What Inspired Horizontes?

In 2013, as a freshly arrived, new Wichita resident, I was on my way to a meeting being held at The Boys and Girls Club. If you are familiar with Wichita and the location of this facility, which I was not, you might remember that it sits in a large campus built in the northern edge of the historic African American Northeast neighborhoods, just east of highway I-135 on 21st Street.

This campus spans several blocks north of 21st St and about four blocks wide, nestled inside the predominantly African American neighborhood, with only one point of entry and exit. Unaware of this unorthodox architectural design, for several minutes I was not successful in entering the campus through its ironically named “Opportunity Drive.”

I drove, and looked, and drove, and looked, and drove around more, and could not access Opportunity Drive, despite it being visible from my perspective.

This quest to get to my meeting at the Boys and Girls Club led me to drive into and around the neighborhood, explore its streets, and to witness a horizon line, visible only through my physical presence within that space.

As I drove slowly looking for clues that would grant me the entry to Opportunity Drive, I came across two little girls playing in the street, one girl was riding a bicycle while the other one walked by her side. This unexpected sight of childhood play and joy was a welcomed break from my unanticipated and frustrating neighborhood exploration.

The backdrop to this playful childhood interaction was dominated by two monolithic creatures: a massive grain elevator and highway I-135. These omnipresent concrete giants suddenly prompted a series of thoughts and reflections that have stayed with me to this day.

What is the psychological impact of growing up around massive industrial structures?

How does the presence of a massive gray wall, spanning several blocks, impacts a child’s imagination?

Can their imagination take them beyond that visual barrier?

What personal agency do residents of a neighborhood have in the development of the built environment surrounding them? Especially, public and private infrastructure?

What if that giant grain elevator became a canvass for artists to create art?

What if it had written on it massive words of wisdom?
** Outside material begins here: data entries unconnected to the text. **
-- ===== src/Api/Gather.antt =====
-- What `convert2API` of pkg/parser/api/parser/api.go makes of the statements of a file.
use goctl.Api.Convert.{
  SyntaxStmt, InfoStmt, Api, first_syntax, is_set, duplicate, convert_stmts, convert2api,
}
use goctl.Api.Errors.{returns}
use goctl.Ast.{
  Node, ServiceStmt, Stmt, syntax_stmt, info_stmt, service_stmt, type_literal, type_group,
  import_literal, import_group, comment_stmt,
}
use goctl.Base.{
  ℕ, ◌+◌, ◌≤◌, ◌≡◌, ◌≢◌, sym, ap, ◌∙◌, ◌↔◌, ◌⊎◌, inl, inr, Bool, true, false, List, [], ◌∷◌, ◌++◌,
  append-nil, append_assoc, Option, none, some, Text, arith, if◌then◌else◌,
}

abbrev pub count_syntax : List Stmt → ℕ
count_syntax [] = 0
count_syntax (syntax_stmt _ _ _ ∷ ss) = count_syntax ss + 1
count_syntax (_ ∷ ss) = count_syntax ss

abbrev pub count_info : List Stmt → ℕ
count_info [] = 0
count_info (info_stmt _ _ _ _ ∷ ss) = count_info ss + 1
count_info (_ ∷ ss) = count_info ss

abbrev pub is_import : Stmt → Bool
is_import (import_literal _ _) = true
is_import (import_group _ _ _ _) = true
is_import _ = false

abbrev pub is_type_stmt : Stmt → Bool
is_type_stmt (type_literal _ _) = true
is_type_stmt (type_group _ _ _ _) = true
is_type_stmt _ = false

abbrev pub only : (Stmt → Bool) → List Stmt → List Stmt
only p [] = []
only p (s ∷ ss) = if p s then s ∷ only p ss else only p ss

abbrev pub services_of : List Stmt → List ServiceStmt
services_of [] = []
services_of (service_stmt s ∷ ss) = s ∷ services_of ss
services_of (_ ∷ ss) = services_of ss

-- The first info statement.
abbrev pub info_of : List Stmt → Option InfoStmt
info_of [] = none
info_of (info_stmt n l kvs r ∷ ss) =
    some (record { info = n; lparen = l; values = kvs; rparen = r })
info_of (_ ∷ ss) = info_of ss

abbrev or_else : Option InfoStmt → Option InfoStmt → Option InfoStmt
or_else none o = o
or_else (some i) o = some i

abbrev gathered : List Stmt → Api → Api
gathered ss api = record api {
  info = or_else api.info (info_of ss);
  import_stmt = api.import_stmt ++ only is_import ss;
  type_stmt = api.type_stmt ++ only is_type_stmt ss;
  service_stmts = api.service_stmts ++ services_of ss;
}

abbrev flag : Bool → ℕ
flag true = 1
flag false = 0

-- The loop returns what it has gathered, or there is a second statement of a kind.
abbrev Outcome : List Stmt → Bool → Api → Type 0
Outcome ss has_syntax api =
    let r = convert_stmts ss has_syntax (is_set api.info) api in
    ((count_syntax ss + flag has_syntax ≤ 1)
      × (count_info ss + flag (is_set api.info) ≤ 1)
      × (r ≡ returns (gathered ss api)))
    ⊎ ((¬ ((count_syntax ss + flag has_syntax ≤ 1) × (count_info ss + flag (is_set api.info) ≤ 1)))
        × ((a : Api) → r ≢ returns a))

duplicate-ne-returns : (n : Node) (msg : Text) (a : Api) → duplicate n msg ≢ returns a
unfolding duplicate
duplicate-ne-returns none msg a h = ground arith
duplicate-ne-returns (some t) msg a h = ground arith

flag_bound : (b : Bool) → 0 + flag b ≤ 1
flag_bound true = omega arith
flag_bound false = omega arith

-- The state of the loop by its fields.
abbrev state : Text → SyntaxStmt → Option InfoStmt → List Stmt → List Stmt → List ServiceStmt → Api
state f y o is ts vs = record {
  filename = f;
  syntax = y;
  info = o;
  import_stmt = is;
  type_stmt = ts;
  service_stmts = vs;
}

module _ (f : Text) (y : SyntaxStmt) where
  convert_stmts-Outcome :
      (ss : List Stmt) (h : Bool) (o : Option InfoStmt) (is ts : List Stmt) (vs : List ServiceStmt)
      → Outcome ss h (state f y o is ts vs)
  unfolding convert_stmts
  convert_stmts-Outcome [] h none is ts vs = inl (flag_bound h, omega arith, simp append-nil)
  convert_stmts-Outcome [] h (some i) is ts vs = inl (flag_bound h, omega arith, simp append-nil)
  convert_stmts-Outcome (syntax_stmt s a v ∷ ss) false o is ts vs =
      elim (convert_stmts-Outcome ss true o is ts vs) [
        | inl (a, b, e) ↦ inl (omega arith, b, e)
        | inr (n, d) ↦ inr (λ c. n (omega arith, c.1), d)
      ]
  convert_stmts-Outcome (syntax_stmt s a v ∷ ss) true o is ts vs =
      inr (λ c. omega arith, duplicate-ne-returns s _)
  convert_stmts-Outcome (info_stmt n l kvs r ∷ ss) h none is ts vs =
      let i : Option InfoStmt = some (record { info = n; lparen = l; values = kvs; rparen = r }) in
      elim (convert_stmts-Outcome ss h i is ts vs) [
        | inl (a, b, e) ↦ inl (a, omega arith, e)
        | inr (m, d) ↦ inr (λ c. m (c.0, omega arith), d)
      ]
  convert_stmts-Outcome (info_stmt n l kvs r ∷ ss) h (some i) is ts vs =
      inr (λ c. omega arith, duplicate-ne-returns n _)
  convert_stmts-Outcome (import_literal i v ∷ ss) h o is ts vs =
      elim (convert_stmts-Outcome ss h o (is ++ import_literal i v ∷ []) ts vs) [
        | inl (a, b, e) ↦ inl (a, b, simp (e, append_assoc))
        | inr d ↦ inr d
      ]
  convert_stmts-Outcome (import_group i l xs r ∷ ss) h o is ts vs =
      elim (convert_stmts-Outcome ss h o (is ++ import_group i l xs r ∷ []) ts vs) [
        | inl (a, b, e) ↦ inl (a, b, simp (e, append_assoc))
        | inr d ↦ inr d
      ]
  convert_stmts-Outcome (type_literal n x ∷ ss) h o is ts vs =
      elim (convert_stmts-Outcome ss h o is (ts ++ type_literal n x ∷ []) vs) [
        | inl (a, b, e) ↦ inl (a, b, simp (e, append_assoc))
        | inr d ↦ inr d
      ]
  convert_stmts-Outcome (type_group n l xs r ∷ ss) h o is ts vs =
      elim (convert_stmts-Outcome ss h o is (ts ++ type_group n l xs r ∷ []) vs) [
        | inl (a, b, e) ↦ inl (a, b, simp (e, append_assoc))
        | inr d ↦ inr d
      ]
  convert_stmts-Outcome (service_stmt s ∷ ss) h o is ts vs =
      elim (convert_stmts-Outcome ss h o is ts (vs ++ s ∷ [])) [
        | inl (a, b, e) ↦ inl (a, b, simp (e, append_assoc))
        | inr d ↦ inr d
      ]
  convert_stmts-Outcome (comment_stmt c ∷ ss) h o is ts vs = convert_stmts-Outcome ss h o is ts vs

-- On a file with at least one statement, `convert2API` returns an API exactly if there is at most
-- one syntax statement and at most one info statement, and that API has the first statement's
-- syntax (the default one if it is another statement), the info statement, and the imports, types
-- and services of the file in their order.
pub convert2api_iff :
    (filename : Text) (one : Stmt) (ss : List Stmt) (api : Api)
    → (convert2api filename (one ∷ ss) ≡ returns api) ↔ (
        (count_syntax (one ∷ ss) ≤ 1)
        × (count_info (one ∷ ss) ≤ 1)
        × (api ≡ record {
          filename = filename;
          syntax = first_syntax one;
          info = info_of (one ∷ ss);
          import_stmt = only is_import (one ∷ ss);
          type_stmt = only is_type_stmt (one ∷ ss);
          service_stmts = services_of (one ∷ ss);
        }))
unfolding convert2api
convert2api_iff filename one ss api =
    elim (convert_stmts-Outcome filename (first_syntax one) (one ∷ ss) false none [] [] []) [
      | inl (a, b, e) ↦
          (λ h. (omega arith, omega arith, let k = sym h ∙ e in cc), λ c. e ∙ ap returns (sym c.2))
      | inr (n, d) ↦ (λ h. absurd (d api h), λ c. absurd (n (omega arith, omega arith)))
    ]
Images of neighborhood heroes? A landscape? A sunset?

What if the neighborhood residents could decide what they wanted to look at on that structure?

If those little girls had a chance to voice what they wanted to see every day, what would their horizon look like?
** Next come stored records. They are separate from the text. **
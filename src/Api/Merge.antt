-- ===== src/Api/Merge.antt =====
-- What `mergeAPI` of pkg/parser/api/parser/api.go leaves of a file.
use goctl.Api.Convert.{Api}
use goctl.Api.Errors.{deref}
use goctl.Api.Import.{merge_api, merge_all}
use goctl.Ast.{ServiceStmt, Stmt}
use goctl.Api.Post.{Post, Post-bind, Post-map, Always, deref-Post}
use goctl.Ast.Nodes.{format}
use goctl.Base.{
  ◌≡◌, refl, sym, ap, ◌∙◌, inl, inr, Bool-cases, List, [], ◌∷◌, ◌++◌, append-nil, append_assoc,
  text_eq,
}

-- What a merge leaves of a file: types and services are only added behind.
pub record Extends (api api' : Api) : Type 0 where
  pub same_filename : api'.filename ≡ api.filename
  pub same_syntax : api'.syntax ≡ api.syntax
  pub same_info : api'.info ≡ api.info
  pub same_imports : api'.import_stmt ≡ api.import_stmt
  pub more_types : (ts : List Stmt) × (api'.type_stmt ≡ api.type_stmt ++ ts)
  pub more_services : (ss : List ServiceStmt) × (api'.service_stmts ≡ api.service_stmts ++ ss)

Extends-refl : (api : Api) → Extends api api
Extends-refl api = record {
  same_filename = refl;
  same_syntax = refl;
  same_info = refl;
  same_imports = refl;
  more_types = ([], sym (append-nil api.type_stmt));
  more_services = ([], sym (append-nil api.service_stmts));
}

Extends-trans : (a b c : Api) → Extends a b → Extends b c → Extends a c
Extends-trans a b c x y = record {
  same_filename = y.same_filename ∙ x.same_filename;
  same_syntax = y.same_syntax ∙ x.same_syntax;
  same_info = y.same_info ∙ x.same_info;
  same_imports = y.same_imports ∙ x.same_imports;
  more_types = (
    x.more_types.0 ++ y.more_types.0,
    y.more_types.1
        ∙ ap (λ zs. zs ++ y.more_types.0) x.more_types.1
        ∙ append_assoc a.type_stmt x.more_types.0 y.more_types.0,
  );
  more_services = (
    x.more_services.0 ++ y.more_services.0,
    y.more_services.1
        ∙ ap (λ zs. zs ++ y.more_services.0) x.more_services.1
        ∙ append_assoc a.service_stmts x.more_services.0 y.more_services.0,
  );
}

merge_api-Extends : (api other : Api) → Post (Extends api) (merge_api api other)
unfolding merge_api
merge_api-Extends api other =
    Post-bind Always (Extends api) (deref api.syntax.value) _ (deref-Post api.syntax.value) λ v x.
      Post-bind Always (Extends api) (deref other.syntax.value) _ (deref-Post other.syntax.value)
        λ w y. elim (Bool-cases (text_eq (format [] v) (format [] w))) [
          | inl e ↦ rw e (record {
            same_filename = refl;
            same_syntax = refl;
            same_info = refl;
            same_imports = refl;
            more_types = (other.type_stmt, refl);
            more_services = (other.service_stmts, refl);
          })
          | inr e ↦ rw e tt
        ]

pub merge_all-Extends : (api : Api) (others : List Api) → Post (Extends api) (merge_all api others)
unfolding merge_all
merge_all-Extends api [] = Extends-refl api
merge_all-Extends api (other ∷ others) =
    Post-bind (Extends api) (Extends api) (merge_api api other) _ (merge_api-Extends api other)
      λ b x.
        Post-map (Extends b) (Extends api) (merge_all b others) (merge_all-Extends b others)
          (λ c y. Extends-trans api b c x y)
WHAT WOULD THEIR HORIZON LOOK LIKE?

After several attempts, I was finally able to find the one and only access to Opportunity Drive, I had my meeting and went on with my new life in Wichita. However, these questions and subsequent reflections stayed with me, and have since informed the emphasis and focus of my creative community work in this great city.

As for painting a mural or altering the grain elevator? I put that idea in my idea-box, inside my brain, to sit and wait for the perfect opportunity to come out into the world. That opportunity arrived in 2016 with the Knight Cities Challenge call for proposals. This was my chance to propose an artistic intervention that would transform a physical structure while addressing the long legacy of systemic discrimination and segregation of people of color in Wichita’s North neighborhoods.

The second chapter to this story begun in 2017, when Horizontes was announced as one of 33 winners of the Knight Cities Challenge and was awarded a $100,000 grant.

Join us as we embark on this new journey.